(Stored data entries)

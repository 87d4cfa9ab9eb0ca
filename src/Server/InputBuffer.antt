-- ===== src/Server/InputBuffer.antt =====
-- The inputs of one client on the server (src/server/input_buffer.cpp and .hpp). The bytes of an
-- input are a list; the packet and the deserializer of the input's component are parameters. The
-- packet traces are left out.
pub mod Stored
pub mod Select
mod Tests
use ashiato_sync.Base.{
  ℕ, zero, suc, ◌+◌, ◌-◌, ◌%◌, ◌^◌, max, Bool, true, false, ◌&&◌, ◌||◌, not, List, [], ◌∷◌, Option,
  none, some, ltb, leb, ◌==◌, if◌then◌else◌, length, get_or, set, replicate,
}
use ashiato_sync.Capacity.{slot_for}
use ashiato_sync.Wire.{BitSource, read_bits, read_varint2_raw, ◌>>=◌}

pub record InputFrame : Type 0 where
  pub frame : ℕ
  pub valid : Bool
  pub bytes : List ℕ

abbrev pub blank_input : InputFrame
blank_input = record { frame = 0; valid = false; bytes = [] }

pub record InputStats : Type 0 where
  pub input_frames_applied : ℕ
  pub input_starvation_frames : ℕ
  pub input_reused_frames : ℕ
  pub latest_received_input_frame : ℕ
  pub latest_applied_input_frame : ℕ

pub record InputBuffer : Type 0 where
  pub input_frames : List InputFrame
  pub latest_input : List ℕ
  pub latest_applied_input : List ℕ
  pub input_ack_frame : ℕ
  pub latest_applied_input_frame : ℕ
  pub has_latest_input : Bool
  pub has_latest_applied_input : Bool
  pub stats : InputStats

abbrev pub no_inputs : InputBuffer
no_inputs = record {
  input_frames = [];
  latest_input = [];
  latest_applied_input = [];
  input_ack_frame = 0;
  latest_applied_input_frame = 0;
  has_latest_input = false;
  has_latest_applied_input = false;
  stats = record {
    input_frames_applied = 0;
    input_starvation_frames = 0;
    input_reused_frames = 0;
    latest_received_input_frame = 0;
    latest_applied_input_frame = 0;
  };
}

-- `input_frames_[frame & (input_frames_.size() - 1U)]`.
pub input_at : List InputFrame → ℕ → InputFrame
input_at frames frame = get_or frames (slot_for (length frames) frame) blank_input

-- The store to a slot.
pub store_input : (frame : ℕ) → (bytes : List ℕ) → List InputFrame → List InputFrame
store_input frame bytes frames =
    set frames (slot_for (length frames) frame)
      (record { frame = frame; valid = true; bytes = bytes })

pub ensure_inputs : (capacity_frames : ℕ) → List InputFrame → List InputFrame
ensure_inputs capacity_frames frames =
    if length frames == 0 then replicate capacity_frames blank_input else frames

-- `bytes` is none for a null pointer; it has `quantized_size` bytes.
pub set_local_frame :
    (frame : ℕ)
    → Option (List ℕ)
    → (quantized_size capacity_frames : ℕ) → InputBuffer
    → Bool × InputBuffer
set_local_frame frame none quantized_size capacity_frames b = (false, b)
set_local_frame frame (some bytes) quantized_size capacity_frames b =
    if frame == 0 || quantized_size == 0 || capacity_frames == 0 then (false, b) else (
      true,
      record b {
        input_frames = store_input frame bytes (ensure_inputs capacity_frames b.input_frames);
        latest_input = bytes;
        input_ack_frame = max b.input_ack_frame frame;
        has_latest_input = true;
        stats = record b.stats {
          latest_received_input_frame = max b.stats.latest_received_input_frame frame;
        };
      },
    )

-- The input of `frame` came, decoded: it is kept if it is newer than what was acknowledged.
pub receive_input : (frame : ℕ) → (decoded : List ℕ) → InputBuffer → InputBuffer
unfolding store_input
receive_input frame decoded b =
    if ltb b.input_ack_frame frame
    then record b {
      input_frames = store_input frame decoded b.input_frames;
      latest_input = decoded;
      input_ack_frame = frame;
      has_latest_input = true;
      stats = record b.stats { latest_received_input_frame = frame };
    }
    else b

-- The input that the first one of the packet is relative to, if the buffer still has it.
pub find_baseline : (baseline_frame quantized_size : ℕ) → InputBuffer → Option (List ℕ)
unfolding input_at
find_baseline baseline_frame quantized_size b =
    let baseline = input_at b.input_frames baseline_frame in
    if not (length b.input_frames == 0)
      && baseline.valid
      && baseline.frame == baseline_frame
      && length baseline.bytes == quantized_size
    then some baseline.bytes
    else if b.has_latest_input
        && baseline_frame == b.input_ack_frame
        && length b.latest_input == quantized_size
    then some b.latest_input
    else none

-- The fields before the inputs: the baseline, whether the first input is relative to it, the full
-- value of its frame, and the number of inputs.
pub record InputHeader : Type 0 where
  pub baseline_frame : ℕ
  pub first_input_relative : Bool
  pub first_input_value : ℕ
  pub input_count : ℕ

abbrev pub input_count_bits : ℕ
input_count_bits = 5

abbrev pub max_input_count : ℕ
max_input_count = 2 ^ input_count_bits - 1

pub first_input_frame : InputHeader → ℕ
first_input_frame header =
    if header.first_input_relative
    then (header.baseline_frame + 1) % 2 ^ 32
    else header.first_input_value % 2 ^ 32

-- A packet that names a baseline acknowledges the inputs up to it.
pub raise_ack : ℕ → InputBuffer → InputBuffer
raise_ack baseline_frame b =
    if ltb b.input_ack_frame baseline_frame
    then record b { input_ack_frame = baseline_frame }
    else b

-- The input before the first one of the packet: zeros, but for a baseline that the first input is
-- relative to, which the buffer may not have.
pub previous_input : (quantized_size : ℕ) → InputHeader → InputBuffer → Option (List ℕ)
unfolding find_baseline
previous_input quantized_size header b =
    if not (header.baseline_frame == 0) && header.first_input_relative
    then find_baseline header.baseline_frame quantized_size b
    else some (replicate quantized_size 0)

-- The deserializer: the bytes before, if there are any, the frame and the frame before.
abbrev pub Deserialize : Type 0 → Type 0
Deserialize B =
    B → (previous : Option (List ℕ)) → (current_frame previous_frame : ℕ) → Option (List ℕ × B)

module _ {B : Type 0} (source : BitSource B) (deserialize : Deserialize B) where
  -- The loop over the inputs of a packet, `count` of which are left.
  pub process_inputs :
      (count frame : ℕ) → (previous : Option (List ℕ)) → B → InputBuffer → Bool × InputBuffer
  unfolding receive_input
  process_inputs zero frame previous packet b = (true, b)
  process_inputs (suc count) frame previous packet b =
      elim (deserialize packet previous frame
        (elim previous [ none ↦ 0 | some bytes ↦ (frame + (2 ^ 32 - 1)) % 2 ^ 32 ])) [
          | none ↦ (false, b)
          | some result ↦
              elim (source.read_offset_bits result.1 == source.read_offset_bits packet) [
                | true ↦ (false, b)
                | false ↦
                    process_inputs count ((frame + 1) % 2 ^ 32) (some result.0) result.1
                      (receive_input frame result.0 b)
              ]
        ]

  pub read_header : B → Option (InputHeader × B)
  read_header packet = do
    (baseline_frame, packet) ← read_bits source 32 32 packet
    ((first_input_relative, first_input_value), packet) ← read_varint2_raw source 0 32 packet
    (input_count, packet) ← read_bits source 16 input_count_bits packet
    some (
      record {
        baseline_frame = baseline_frame;
        first_input_relative = first_input_relative;
        first_input_value = first_input_value;
        input_count = input_count;
      },
      packet,
    )

  -- What follows the header.
  pub process_payload :
      (quantized_size capacity_frames : ℕ) → InputHeader → B → InputBuffer → Bool × InputBuffer
  unfolding process_inputs first_input_frame raise_ack previous_input ensure_inputs
  process_payload quantized_size capacity_frames header packet b =
      let known = raise_ack header.baseline_frame b in
      if ltb max_input_count header.input_count
      then (false, b)
      else elim (previous_input quantized_size header known) [
        | none ↦ (true, known)
        | some previous ↦
            if first_input_frame header == 0 || header.input_count == 0
            then (true, known)
            else process_inputs header.input_count (first_input_frame header)
                (if header.first_input_relative then some previous else none) packet
                (record known { input_frames = ensure_inputs capacity_frames known.input_frames })
      ]

  pub process_packet_payload :
      (quantized_size capacity_frames : ℕ) → B → InputBuffer → Bool × InputBuffer
  unfolding read_header process_payload
  process_packet_payload quantized_size capacity_frames packet b = elim (read_header packet) [
    | none ↦ (false, b)
    | some header_and_rest ↦
        process_payload quantized_size capacity_frames header_and_rest.0 header_and_rest.1 b
  ]

-- The loop over the frames up to `due_frame`, from `frame` on, which keeps the latest input that fits;
-- the frame counts in 32 bits. `none` is a loop that is still running when the fuel is used up.
pub best_input :
    (quantized_size due_frame : ℕ)
    → List InputFrame
    → (fuel frame : ℕ) → Option InputFrame
    → Option (Option InputFrame)
unfolding input_at
best_input quantized_size due_frame frames zero frame best = none
best_input quantized_size due_frame frames (suc fuel) frame best =
    let input = input_at frames frame in
    let rest = best_input quantized_size due_frame frames fuel ((frame + 1) % 2 ^ 32) (
      if input.valid && input.frame == frame && length input.bytes == quantized_size
      then some input
      else best) in
    if leb frame due_frame then rest else some best

-- The first frame that `select_input_for_frame` looks at.
pub window_begin : (due_frame : ℕ) → InputBuffer → ℕ
window_begin due_frame b =
    max ((b.latest_applied_input_frame + 1) % 2 ^ 32)
      (if ltb (length b.input_frames) due_frame then due_frame - length b.input_frames + 1 else 1)

abbrev pub bump : ℕ → ℕ
bump counter = (counter + 1) % 2 ^ 64

-- What follows the loop: the bytes and the frame of the input for `due_frame`, if there is one. The
-- result is always marked as cached.
pub apply_input :
    (due_frame quantized_size : ℕ)
    → InputBuffer
    → Option InputFrame
    → (Option (List ℕ) × ℕ) × InputBuffer
apply_input due_frame quantized_size b best = elim best [
  | some input ↦ (
    (some input.bytes, input.frame),
    record b {
      latest_applied_input = input.bytes;
      latest_applied_input_frame = input.frame;
      has_latest_applied_input = true;
      stats = record b.stats {
        latest_applied_input_frame = input.frame;
        input_frames_applied = bump b.stats.input_frames_applied;
        input_starvation_frames =
            if ltb input.frame due_frame
            then bump b.stats.input_starvation_frames
            else b.stats.input_starvation_frames;
      };
    },
  )
  | none ↦
      if b.has_latest_applied_input && length b.latest_applied_input == quantized_size
      then (
        (some b.latest_applied_input, b.latest_applied_input_frame),
        record b {
          stats = record b.stats {
            input_starvation_frames = bump b.stats.input_starvation_frames;
            input_reused_frames = bump b.stats.input_reused_frames;
          };
        },
      )
      else (
        (none, 0),
        record b {
          stats = record b.stats { input_starvation_frames = bump b.stats.input_starvation_frames };
        },
      )
]

-- The fuel is one for each frame of the window and one for the test that ends the loop; `none` is the
-- loop that does not end.
pub select_input_for_frame :
    (due_frame quantized_size : ℕ) → InputBuffer → Option ((Option (List ℕ) × ℕ) × InputBuffer)
unfolding best_input window_begin apply_input
select_input_for_frame due_frame quantized_size b =
    let begin = window_begin due_frame b in
    let searched =
      if length b.input_frames == 0
      then some none
      else best_input quantized_size due_frame b.input_frames (suc (due_frame + 1 - begin)) begin
          none in
    elim searched [ none ↦ none | some best ↦ some (apply_input due_frame quantized_size b best) ]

▶ The problem: A word-for-word copy of the entries, from the first line through the line containing "pub stats : InputStats", is the whole answer.

▶ Solution for this exercise:
repository 87d4cfa9ab9eb0ca
filename src/Server/InputBuffer.antt
-- ===== src/Server/InputBuffer.antt =====
-- The inputs of one client on the server (src/server/input_buffer.cpp and .hpp). The bytes of an
-- input are a list; the packet and the deserializer of the input's component are parameters. The
-- packet traces are left out.
pub mod Stored
pub mod Select
mod Tests
use ashiato_sync.Base.{
  ℕ, zero, suc, ◌+◌, ◌-◌, ◌%◌, ◌^◌, max, Bool, true, false, ◌&&◌, ◌||◌, not, List, [], ◌∷◌, Option,
  none, some, ltb, leb, ◌==◌, if◌then◌else◌, length, get_or, set, replicate,
}
use ashiato_sync.Capacity.{slot_for}
use ashiato_sync.Wire.{BitSource, read_bits, read_varint2_raw, ◌>>=◌}

pub record InputFrame : Type 0 where
  pub frame : ℕ
  pub valid : Bool
  pub bytes : List ℕ

abbrev pub blank_input : InputFrame
blank_input = record { frame = 0; valid = false; bytes = [] }

pub record InputStats : Type 0 where
  pub input_frames_applied : ℕ
  pub input_starvation_frames : ℕ
  pub input_reused_frames : ℕ
  pub latest_received_input_frame : ℕ
  pub latest_applied_input_frame : ℕ

pub record InputBuffer : Type 0 where
  pub input_frames : List InputFrame
  pub latest_input : List ℕ
  pub latest_applied_input : List ℕ
  pub input_ack_frame : ℕ
  pub latest_applied_input_frame : ℕ
  pub has_latest_input : Bool
  pub has_latest_applied_input : Bool
  pub stats : InputStats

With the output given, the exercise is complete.